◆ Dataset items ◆
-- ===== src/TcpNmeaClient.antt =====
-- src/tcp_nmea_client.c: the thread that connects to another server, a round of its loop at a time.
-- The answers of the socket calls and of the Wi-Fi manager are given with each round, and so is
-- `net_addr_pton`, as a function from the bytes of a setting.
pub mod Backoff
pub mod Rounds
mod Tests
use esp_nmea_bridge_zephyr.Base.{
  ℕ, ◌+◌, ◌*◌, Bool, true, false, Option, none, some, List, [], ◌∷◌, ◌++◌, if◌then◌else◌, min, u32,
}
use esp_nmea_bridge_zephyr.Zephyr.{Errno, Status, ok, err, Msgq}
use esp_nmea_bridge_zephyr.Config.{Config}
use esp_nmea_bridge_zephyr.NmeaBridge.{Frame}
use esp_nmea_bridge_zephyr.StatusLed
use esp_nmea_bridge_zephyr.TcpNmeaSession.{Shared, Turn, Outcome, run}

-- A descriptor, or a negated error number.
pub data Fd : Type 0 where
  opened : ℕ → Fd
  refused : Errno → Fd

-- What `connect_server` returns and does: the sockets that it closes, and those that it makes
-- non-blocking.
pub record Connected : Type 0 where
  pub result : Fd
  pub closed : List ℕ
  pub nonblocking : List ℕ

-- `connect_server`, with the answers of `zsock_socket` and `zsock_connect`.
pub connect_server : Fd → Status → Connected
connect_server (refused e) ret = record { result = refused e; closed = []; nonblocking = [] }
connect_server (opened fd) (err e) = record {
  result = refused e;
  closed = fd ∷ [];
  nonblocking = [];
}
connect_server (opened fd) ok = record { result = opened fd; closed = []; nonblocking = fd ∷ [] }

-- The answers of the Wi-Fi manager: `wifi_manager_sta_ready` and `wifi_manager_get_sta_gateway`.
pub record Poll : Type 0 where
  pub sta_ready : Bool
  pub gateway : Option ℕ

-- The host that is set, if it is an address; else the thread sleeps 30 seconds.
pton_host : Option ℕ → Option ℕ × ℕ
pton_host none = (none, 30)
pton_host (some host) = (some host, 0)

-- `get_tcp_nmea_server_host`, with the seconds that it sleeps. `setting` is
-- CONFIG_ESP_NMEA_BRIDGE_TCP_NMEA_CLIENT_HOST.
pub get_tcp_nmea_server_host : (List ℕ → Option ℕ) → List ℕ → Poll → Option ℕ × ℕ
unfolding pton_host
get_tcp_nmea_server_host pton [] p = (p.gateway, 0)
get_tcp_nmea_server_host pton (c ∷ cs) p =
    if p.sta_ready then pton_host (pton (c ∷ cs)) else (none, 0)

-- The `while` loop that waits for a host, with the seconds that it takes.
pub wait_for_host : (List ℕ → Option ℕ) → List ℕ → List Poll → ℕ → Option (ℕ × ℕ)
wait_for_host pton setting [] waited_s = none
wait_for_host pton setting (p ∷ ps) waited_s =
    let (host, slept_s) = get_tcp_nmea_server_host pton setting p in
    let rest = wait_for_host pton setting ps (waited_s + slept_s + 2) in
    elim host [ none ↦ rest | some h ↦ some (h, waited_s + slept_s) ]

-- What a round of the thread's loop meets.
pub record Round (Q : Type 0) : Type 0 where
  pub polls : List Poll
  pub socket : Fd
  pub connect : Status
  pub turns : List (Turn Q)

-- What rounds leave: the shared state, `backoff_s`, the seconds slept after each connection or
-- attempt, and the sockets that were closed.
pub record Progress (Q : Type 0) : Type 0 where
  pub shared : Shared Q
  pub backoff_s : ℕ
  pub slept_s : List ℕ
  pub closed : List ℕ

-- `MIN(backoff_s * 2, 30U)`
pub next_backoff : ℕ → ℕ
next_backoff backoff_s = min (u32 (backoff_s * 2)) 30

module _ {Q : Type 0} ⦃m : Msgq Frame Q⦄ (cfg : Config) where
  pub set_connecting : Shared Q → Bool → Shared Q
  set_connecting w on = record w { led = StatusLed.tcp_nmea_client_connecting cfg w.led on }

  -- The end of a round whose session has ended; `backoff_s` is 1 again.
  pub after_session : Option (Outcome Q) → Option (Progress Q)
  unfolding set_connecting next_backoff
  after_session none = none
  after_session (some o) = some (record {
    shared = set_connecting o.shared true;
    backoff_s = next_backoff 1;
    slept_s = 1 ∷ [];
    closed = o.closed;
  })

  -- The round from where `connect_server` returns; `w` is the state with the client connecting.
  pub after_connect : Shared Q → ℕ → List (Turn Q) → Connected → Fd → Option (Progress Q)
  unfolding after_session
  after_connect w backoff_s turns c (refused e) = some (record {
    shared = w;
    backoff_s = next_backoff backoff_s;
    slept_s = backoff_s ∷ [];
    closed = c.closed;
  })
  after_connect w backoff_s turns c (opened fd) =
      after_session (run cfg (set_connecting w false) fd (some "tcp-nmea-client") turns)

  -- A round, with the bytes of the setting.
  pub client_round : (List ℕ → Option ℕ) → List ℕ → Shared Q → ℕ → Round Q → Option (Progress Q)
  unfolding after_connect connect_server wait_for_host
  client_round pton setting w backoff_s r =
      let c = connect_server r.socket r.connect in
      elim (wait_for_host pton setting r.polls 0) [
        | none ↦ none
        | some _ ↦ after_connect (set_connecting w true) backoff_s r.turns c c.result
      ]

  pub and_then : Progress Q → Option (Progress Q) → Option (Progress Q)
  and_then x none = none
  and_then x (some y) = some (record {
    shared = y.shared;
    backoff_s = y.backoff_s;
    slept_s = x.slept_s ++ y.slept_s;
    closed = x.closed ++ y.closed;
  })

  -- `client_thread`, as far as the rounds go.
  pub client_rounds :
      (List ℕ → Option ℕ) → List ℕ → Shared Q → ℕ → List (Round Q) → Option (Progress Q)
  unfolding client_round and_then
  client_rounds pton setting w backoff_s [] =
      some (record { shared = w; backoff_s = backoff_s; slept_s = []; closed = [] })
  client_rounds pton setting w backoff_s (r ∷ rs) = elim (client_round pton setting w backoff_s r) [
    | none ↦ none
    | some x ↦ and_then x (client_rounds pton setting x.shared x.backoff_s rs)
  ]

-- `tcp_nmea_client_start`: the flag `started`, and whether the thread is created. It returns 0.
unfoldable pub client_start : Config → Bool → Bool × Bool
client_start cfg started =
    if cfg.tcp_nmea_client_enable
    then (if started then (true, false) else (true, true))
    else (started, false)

...

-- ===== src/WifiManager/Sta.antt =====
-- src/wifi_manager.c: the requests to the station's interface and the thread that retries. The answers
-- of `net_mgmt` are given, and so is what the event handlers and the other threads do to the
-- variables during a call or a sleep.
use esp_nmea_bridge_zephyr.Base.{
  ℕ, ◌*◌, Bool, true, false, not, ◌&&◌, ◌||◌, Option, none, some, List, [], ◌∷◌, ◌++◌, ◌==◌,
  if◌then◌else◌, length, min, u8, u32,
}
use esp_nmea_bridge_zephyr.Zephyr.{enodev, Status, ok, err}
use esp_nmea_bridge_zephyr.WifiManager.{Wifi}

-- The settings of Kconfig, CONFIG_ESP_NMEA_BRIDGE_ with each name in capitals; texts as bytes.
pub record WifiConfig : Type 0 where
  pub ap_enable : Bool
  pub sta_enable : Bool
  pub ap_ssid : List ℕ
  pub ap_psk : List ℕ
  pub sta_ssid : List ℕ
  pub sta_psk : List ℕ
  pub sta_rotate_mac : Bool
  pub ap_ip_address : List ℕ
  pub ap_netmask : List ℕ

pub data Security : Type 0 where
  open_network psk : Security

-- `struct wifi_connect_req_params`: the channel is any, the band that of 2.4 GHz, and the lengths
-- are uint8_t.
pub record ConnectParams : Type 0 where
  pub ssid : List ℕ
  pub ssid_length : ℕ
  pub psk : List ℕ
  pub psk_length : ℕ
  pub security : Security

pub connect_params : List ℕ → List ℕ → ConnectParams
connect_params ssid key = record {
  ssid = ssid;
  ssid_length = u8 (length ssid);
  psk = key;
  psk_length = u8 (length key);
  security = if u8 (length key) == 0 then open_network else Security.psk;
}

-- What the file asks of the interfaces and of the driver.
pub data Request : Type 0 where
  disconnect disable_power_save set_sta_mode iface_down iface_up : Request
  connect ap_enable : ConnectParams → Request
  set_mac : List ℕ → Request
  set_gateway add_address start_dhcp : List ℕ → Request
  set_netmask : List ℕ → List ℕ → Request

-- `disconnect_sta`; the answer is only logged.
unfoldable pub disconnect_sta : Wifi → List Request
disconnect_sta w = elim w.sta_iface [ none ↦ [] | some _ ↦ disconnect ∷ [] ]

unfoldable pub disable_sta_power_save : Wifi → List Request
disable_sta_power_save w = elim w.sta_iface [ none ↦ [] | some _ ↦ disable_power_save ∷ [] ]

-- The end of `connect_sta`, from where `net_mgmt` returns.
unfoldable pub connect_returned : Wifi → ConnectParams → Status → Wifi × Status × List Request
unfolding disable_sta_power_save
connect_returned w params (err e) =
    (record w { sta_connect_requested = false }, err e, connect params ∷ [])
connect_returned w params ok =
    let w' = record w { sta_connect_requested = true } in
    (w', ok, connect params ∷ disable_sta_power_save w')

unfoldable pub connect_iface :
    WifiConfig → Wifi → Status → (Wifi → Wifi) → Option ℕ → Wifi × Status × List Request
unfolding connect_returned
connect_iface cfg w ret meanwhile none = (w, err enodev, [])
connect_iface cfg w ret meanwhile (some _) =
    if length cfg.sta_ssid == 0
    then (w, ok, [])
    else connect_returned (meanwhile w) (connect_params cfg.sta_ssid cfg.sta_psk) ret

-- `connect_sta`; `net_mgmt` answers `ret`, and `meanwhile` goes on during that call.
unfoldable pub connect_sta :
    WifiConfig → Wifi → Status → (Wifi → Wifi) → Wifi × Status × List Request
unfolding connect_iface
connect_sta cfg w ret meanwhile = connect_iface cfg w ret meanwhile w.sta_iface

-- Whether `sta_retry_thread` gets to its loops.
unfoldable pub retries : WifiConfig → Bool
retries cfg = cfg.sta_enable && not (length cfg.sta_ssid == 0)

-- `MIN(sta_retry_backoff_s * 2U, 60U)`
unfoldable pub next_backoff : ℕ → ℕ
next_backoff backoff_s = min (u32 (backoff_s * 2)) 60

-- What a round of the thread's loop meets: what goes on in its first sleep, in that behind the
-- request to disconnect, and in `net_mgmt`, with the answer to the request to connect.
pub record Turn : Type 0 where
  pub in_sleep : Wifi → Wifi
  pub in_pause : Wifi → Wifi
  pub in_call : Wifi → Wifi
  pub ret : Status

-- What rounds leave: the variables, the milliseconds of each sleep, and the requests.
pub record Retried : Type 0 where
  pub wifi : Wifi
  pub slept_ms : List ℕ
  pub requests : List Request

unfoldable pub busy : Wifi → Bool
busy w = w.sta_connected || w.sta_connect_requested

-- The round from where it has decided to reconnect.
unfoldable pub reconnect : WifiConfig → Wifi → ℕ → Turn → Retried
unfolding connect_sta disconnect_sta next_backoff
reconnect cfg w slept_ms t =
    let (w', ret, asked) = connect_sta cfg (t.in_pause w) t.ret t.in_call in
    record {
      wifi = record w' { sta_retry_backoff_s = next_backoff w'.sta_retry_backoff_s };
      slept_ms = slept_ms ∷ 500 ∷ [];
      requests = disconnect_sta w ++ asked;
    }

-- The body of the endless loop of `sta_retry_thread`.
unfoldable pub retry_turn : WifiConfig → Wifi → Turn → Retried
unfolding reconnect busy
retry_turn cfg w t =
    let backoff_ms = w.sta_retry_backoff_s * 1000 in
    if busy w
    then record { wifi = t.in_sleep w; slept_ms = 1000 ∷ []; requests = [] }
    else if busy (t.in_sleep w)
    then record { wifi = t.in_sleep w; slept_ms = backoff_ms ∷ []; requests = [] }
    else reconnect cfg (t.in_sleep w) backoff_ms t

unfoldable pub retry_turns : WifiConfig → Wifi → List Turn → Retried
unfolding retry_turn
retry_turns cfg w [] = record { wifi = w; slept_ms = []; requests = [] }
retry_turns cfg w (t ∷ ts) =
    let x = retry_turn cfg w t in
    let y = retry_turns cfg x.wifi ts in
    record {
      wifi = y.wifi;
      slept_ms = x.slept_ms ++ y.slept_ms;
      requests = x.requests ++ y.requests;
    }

...

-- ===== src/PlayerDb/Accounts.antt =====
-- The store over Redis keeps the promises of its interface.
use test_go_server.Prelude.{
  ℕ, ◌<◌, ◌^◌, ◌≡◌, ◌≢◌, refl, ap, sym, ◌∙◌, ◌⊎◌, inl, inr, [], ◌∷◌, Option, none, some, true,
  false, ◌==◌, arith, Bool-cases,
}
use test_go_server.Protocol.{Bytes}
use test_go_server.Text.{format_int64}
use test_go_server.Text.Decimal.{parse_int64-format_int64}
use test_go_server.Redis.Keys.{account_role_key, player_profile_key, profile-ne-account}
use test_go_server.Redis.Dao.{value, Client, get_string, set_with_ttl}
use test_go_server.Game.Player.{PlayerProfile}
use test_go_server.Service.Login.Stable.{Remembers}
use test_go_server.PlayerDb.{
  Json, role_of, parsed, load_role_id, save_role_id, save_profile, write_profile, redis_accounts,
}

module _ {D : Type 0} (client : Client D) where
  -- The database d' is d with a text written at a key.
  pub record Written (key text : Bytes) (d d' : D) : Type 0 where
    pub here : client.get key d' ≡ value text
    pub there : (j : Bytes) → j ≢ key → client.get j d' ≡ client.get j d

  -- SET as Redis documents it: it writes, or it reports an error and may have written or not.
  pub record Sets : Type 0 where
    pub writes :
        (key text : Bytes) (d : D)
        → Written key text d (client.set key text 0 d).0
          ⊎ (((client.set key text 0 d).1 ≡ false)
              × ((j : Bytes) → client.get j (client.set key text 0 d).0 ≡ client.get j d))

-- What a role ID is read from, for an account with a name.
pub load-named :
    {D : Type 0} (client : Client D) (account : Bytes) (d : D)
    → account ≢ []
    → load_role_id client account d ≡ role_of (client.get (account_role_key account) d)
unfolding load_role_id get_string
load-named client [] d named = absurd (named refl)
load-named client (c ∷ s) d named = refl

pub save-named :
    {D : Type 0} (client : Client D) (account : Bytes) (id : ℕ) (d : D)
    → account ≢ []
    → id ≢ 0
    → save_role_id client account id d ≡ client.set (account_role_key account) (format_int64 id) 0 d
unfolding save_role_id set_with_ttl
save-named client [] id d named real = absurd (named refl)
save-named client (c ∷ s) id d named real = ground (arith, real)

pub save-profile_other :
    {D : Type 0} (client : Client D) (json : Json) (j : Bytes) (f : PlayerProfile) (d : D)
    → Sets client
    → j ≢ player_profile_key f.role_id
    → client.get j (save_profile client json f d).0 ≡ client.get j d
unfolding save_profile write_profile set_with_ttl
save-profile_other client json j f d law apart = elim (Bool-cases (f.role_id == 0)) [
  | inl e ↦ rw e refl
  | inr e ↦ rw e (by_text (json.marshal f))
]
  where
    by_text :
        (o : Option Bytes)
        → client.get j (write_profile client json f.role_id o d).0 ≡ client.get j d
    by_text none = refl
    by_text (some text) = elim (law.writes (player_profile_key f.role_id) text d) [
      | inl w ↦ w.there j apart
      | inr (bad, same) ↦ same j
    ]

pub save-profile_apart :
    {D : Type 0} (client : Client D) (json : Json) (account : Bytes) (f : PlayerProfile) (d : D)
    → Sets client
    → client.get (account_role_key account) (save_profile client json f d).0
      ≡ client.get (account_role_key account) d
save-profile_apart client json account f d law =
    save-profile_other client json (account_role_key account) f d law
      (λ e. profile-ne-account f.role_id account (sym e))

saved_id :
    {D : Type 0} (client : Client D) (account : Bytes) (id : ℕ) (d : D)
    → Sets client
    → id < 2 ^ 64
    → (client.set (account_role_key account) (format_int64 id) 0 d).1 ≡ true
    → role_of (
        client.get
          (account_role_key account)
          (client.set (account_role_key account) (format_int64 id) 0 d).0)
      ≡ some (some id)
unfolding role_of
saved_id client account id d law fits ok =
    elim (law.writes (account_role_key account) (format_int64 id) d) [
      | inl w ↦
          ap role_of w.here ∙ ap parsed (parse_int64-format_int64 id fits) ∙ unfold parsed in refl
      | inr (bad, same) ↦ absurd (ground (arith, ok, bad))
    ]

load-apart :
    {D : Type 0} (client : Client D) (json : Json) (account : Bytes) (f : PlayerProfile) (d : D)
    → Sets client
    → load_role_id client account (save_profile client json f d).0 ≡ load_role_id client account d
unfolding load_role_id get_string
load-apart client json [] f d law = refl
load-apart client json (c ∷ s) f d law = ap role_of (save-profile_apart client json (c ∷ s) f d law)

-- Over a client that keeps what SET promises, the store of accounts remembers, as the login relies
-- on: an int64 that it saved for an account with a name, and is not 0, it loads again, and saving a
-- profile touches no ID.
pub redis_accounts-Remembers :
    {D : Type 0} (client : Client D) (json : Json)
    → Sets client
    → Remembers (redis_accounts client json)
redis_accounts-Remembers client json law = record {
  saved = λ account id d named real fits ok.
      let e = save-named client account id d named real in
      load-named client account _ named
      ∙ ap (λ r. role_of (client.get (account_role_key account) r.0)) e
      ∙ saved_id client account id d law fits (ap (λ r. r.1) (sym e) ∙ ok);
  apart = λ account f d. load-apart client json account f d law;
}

◆ WHAT THE EXERCISE ASKS ◆
Wherever the word "state" appears in the data, return the whole line.

◆ SOLUTION ◆
-- What rounds leave: the shared state, `backoff_s`, the seconds slept after each connection or
  -- The round from where `connect_server` returns; `w` is the state with the client connecting.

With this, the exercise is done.